**EXERCISE GOAL**
In the data that follows, find the line with "(register session_id tenant_id"; transcribe it, every later line up to the one with "tenant_id artifact_id thread_id refl", and that line as well, exactly and with no others.

(Stored items)
—————
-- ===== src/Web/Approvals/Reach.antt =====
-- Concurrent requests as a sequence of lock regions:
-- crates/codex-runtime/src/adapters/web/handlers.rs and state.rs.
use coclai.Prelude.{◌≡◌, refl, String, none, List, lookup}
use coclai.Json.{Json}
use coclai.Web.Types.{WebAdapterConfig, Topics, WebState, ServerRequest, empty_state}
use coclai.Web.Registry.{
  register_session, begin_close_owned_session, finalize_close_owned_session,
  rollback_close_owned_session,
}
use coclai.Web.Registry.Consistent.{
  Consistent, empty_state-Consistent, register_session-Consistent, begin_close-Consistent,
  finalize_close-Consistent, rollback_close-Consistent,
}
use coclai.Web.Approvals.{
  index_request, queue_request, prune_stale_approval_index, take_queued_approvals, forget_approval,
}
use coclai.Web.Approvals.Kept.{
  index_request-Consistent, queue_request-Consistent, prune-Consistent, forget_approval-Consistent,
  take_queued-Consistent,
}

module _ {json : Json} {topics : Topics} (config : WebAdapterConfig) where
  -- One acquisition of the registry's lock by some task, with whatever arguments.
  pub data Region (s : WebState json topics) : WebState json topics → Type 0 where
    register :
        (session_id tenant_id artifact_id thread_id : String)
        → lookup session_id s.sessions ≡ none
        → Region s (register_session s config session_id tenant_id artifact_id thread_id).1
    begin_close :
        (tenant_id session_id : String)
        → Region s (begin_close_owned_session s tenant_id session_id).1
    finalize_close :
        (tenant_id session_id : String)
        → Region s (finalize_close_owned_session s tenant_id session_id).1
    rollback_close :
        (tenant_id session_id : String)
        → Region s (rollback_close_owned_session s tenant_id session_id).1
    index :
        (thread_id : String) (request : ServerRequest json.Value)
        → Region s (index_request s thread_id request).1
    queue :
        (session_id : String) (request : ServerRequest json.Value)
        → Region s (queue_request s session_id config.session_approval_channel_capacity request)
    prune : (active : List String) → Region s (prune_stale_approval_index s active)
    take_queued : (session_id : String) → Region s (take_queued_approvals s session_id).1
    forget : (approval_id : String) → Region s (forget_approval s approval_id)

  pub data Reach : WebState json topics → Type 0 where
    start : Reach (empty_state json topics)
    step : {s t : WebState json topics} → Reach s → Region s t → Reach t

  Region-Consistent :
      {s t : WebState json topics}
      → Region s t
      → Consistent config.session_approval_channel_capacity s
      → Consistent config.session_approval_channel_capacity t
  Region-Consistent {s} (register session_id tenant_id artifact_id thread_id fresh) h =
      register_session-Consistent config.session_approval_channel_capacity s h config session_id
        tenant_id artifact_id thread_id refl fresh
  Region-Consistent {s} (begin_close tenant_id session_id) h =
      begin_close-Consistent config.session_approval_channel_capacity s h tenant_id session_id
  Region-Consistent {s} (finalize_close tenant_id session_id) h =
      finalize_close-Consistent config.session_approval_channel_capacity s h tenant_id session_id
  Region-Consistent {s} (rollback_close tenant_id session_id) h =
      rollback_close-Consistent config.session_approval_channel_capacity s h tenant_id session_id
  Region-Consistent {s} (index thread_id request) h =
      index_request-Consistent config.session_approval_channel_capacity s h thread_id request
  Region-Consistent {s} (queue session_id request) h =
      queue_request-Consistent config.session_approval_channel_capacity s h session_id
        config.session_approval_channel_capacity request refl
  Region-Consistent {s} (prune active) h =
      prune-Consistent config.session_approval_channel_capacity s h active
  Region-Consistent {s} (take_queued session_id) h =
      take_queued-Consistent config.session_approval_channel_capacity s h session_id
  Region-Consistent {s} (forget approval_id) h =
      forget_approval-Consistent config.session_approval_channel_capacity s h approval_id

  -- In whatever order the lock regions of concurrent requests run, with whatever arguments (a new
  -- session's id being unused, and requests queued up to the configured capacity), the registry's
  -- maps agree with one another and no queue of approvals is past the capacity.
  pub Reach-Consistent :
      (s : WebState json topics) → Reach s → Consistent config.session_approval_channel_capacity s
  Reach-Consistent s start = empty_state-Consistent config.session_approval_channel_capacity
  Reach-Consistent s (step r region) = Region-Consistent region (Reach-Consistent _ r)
—————
**WRITTEN SOLUTION**
  Region-Consistent {s} (register session_id tenant_id artifact_id thread_id fresh) h =
      register_session-Consistent config.session_approval_channel_capacity s h config session_id
        tenant_id artifact_id thread_id refl fresh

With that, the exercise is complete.